» **YOUR TASK**: Make a word-for-word copy of the entries below from their first line through the line with "o).0 ≡ some b", and add nothing.

» **GIVEN DATA**:
= Beginning of Section =

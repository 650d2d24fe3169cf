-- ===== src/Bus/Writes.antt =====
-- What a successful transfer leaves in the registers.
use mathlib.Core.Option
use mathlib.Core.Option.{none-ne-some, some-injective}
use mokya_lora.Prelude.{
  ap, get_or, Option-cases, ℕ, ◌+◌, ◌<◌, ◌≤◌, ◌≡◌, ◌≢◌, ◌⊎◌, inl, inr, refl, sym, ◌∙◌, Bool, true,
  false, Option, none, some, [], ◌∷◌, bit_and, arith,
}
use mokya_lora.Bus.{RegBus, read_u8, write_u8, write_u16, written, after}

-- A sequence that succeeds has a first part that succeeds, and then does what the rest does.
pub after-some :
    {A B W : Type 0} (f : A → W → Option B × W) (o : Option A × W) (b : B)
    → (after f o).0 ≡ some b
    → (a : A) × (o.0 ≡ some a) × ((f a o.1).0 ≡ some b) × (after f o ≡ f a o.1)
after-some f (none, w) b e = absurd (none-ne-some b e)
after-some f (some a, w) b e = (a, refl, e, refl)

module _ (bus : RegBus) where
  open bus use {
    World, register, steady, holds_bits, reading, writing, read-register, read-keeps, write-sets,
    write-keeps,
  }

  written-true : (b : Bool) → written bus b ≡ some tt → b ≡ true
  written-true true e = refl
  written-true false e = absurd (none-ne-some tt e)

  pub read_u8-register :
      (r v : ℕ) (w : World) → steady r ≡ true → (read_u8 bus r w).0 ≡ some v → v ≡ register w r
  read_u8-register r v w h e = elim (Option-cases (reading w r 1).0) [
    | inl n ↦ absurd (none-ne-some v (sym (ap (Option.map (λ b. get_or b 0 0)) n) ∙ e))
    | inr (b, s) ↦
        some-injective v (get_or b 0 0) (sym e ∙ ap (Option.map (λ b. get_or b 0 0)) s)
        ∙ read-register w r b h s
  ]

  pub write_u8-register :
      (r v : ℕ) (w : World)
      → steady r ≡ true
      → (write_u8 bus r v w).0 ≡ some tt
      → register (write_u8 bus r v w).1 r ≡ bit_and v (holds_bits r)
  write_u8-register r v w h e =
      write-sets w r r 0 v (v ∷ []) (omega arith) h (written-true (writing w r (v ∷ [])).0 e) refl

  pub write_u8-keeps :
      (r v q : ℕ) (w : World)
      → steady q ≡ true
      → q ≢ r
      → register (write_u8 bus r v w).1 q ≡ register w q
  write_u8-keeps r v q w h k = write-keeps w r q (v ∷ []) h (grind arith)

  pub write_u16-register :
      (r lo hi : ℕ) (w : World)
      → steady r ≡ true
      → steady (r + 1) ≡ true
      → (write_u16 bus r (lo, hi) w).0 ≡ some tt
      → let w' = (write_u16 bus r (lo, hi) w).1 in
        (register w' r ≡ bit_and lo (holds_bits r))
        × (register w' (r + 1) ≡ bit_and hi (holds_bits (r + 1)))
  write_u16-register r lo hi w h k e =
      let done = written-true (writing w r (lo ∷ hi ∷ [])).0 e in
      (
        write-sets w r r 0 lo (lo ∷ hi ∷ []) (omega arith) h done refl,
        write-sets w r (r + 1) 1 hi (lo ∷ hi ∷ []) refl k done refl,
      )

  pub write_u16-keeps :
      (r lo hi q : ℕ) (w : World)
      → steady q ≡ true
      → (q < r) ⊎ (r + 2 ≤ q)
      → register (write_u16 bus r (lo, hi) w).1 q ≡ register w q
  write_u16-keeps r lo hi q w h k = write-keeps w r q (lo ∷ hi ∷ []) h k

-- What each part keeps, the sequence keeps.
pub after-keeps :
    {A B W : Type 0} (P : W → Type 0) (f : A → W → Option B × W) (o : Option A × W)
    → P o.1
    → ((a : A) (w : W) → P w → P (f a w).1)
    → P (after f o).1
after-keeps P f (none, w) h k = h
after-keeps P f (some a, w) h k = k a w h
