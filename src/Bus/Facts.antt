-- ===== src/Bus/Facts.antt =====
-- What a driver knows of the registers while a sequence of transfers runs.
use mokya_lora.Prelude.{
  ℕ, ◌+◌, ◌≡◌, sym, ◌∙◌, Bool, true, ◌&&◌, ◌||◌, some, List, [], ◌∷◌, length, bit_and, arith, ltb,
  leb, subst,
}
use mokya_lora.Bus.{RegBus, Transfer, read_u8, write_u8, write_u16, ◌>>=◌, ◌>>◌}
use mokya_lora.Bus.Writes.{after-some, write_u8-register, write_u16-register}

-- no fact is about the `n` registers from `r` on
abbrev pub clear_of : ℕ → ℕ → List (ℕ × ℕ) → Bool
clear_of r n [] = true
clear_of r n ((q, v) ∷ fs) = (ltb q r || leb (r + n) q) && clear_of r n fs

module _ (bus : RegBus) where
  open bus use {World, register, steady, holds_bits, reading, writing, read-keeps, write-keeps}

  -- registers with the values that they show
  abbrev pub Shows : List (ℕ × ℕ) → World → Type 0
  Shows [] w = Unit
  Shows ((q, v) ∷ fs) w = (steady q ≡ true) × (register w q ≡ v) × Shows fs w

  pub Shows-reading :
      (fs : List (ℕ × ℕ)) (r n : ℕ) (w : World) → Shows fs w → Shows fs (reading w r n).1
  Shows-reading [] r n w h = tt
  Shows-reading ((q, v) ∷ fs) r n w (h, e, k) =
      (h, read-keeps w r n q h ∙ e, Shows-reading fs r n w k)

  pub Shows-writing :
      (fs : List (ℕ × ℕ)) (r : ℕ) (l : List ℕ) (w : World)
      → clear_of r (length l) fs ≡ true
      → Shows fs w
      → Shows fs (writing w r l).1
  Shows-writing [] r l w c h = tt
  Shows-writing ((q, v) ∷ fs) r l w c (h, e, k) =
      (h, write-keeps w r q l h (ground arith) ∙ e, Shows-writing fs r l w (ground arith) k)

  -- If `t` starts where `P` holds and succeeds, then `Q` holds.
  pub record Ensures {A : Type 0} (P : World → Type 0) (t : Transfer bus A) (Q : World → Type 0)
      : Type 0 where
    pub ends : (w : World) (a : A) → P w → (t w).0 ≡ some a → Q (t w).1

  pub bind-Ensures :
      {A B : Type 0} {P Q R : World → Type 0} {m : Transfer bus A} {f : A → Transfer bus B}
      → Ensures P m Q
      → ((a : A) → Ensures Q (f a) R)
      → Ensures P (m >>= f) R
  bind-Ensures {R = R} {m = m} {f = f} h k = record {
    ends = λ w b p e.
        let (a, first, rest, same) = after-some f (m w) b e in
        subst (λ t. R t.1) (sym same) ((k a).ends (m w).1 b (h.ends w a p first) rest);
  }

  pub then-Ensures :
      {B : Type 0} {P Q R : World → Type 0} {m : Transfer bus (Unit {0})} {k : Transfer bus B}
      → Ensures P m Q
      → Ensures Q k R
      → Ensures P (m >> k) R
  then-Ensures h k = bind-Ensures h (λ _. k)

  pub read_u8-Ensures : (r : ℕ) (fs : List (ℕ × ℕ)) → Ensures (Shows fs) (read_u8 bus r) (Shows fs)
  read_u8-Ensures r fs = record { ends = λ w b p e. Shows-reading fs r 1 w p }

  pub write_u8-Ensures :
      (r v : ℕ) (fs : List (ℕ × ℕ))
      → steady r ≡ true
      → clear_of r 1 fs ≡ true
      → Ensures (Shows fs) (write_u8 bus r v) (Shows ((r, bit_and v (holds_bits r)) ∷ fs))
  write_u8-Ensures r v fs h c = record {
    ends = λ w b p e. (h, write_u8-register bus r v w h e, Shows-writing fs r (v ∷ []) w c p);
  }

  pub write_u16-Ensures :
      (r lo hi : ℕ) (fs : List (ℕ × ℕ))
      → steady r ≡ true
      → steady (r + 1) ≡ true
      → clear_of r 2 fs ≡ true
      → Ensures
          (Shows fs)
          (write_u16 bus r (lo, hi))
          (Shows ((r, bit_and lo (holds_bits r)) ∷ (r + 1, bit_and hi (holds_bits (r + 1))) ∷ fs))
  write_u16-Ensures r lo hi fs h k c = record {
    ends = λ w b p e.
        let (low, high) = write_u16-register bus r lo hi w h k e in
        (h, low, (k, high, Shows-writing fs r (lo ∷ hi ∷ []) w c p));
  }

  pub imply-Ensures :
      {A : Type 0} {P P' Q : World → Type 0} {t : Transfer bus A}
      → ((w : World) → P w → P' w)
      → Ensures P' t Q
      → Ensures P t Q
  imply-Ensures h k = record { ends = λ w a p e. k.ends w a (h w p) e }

= End of Section =

» **ANSWER TO THIS PROBLEM**:
repository 650d2d24fe3169cf
-- ===== src/Bus/Writes.antt =====
-- What a successful transfer leaves in the registers.
use mathlib.Core.Option
use mathlib.Core.Option.{none-ne-some, some-injective}
use mokya_lora.Prelude.{
  ap, get_or, Option-cases, ℕ, ◌+◌, ◌<◌, ◌≤◌, ◌≡◌, ◌≢◌, ◌⊎◌, inl, inr, refl, sym, ◌∙◌, Bool, true,
  false, Option, none, some, [], ◌∷◌, bit_and, arith,
}
use mokya_lora.Bus.{RegBus, read_u8, write_u8, write_u16, written, after}

-- A sequence that succeeds has a first part that succeeds, and then does what the rest does.
pub after-some :
    {A B W : Type 0} (f : A → W → Option B × W) (o : Option A × W) (b : B)
    → (after f o).0 ≡ some b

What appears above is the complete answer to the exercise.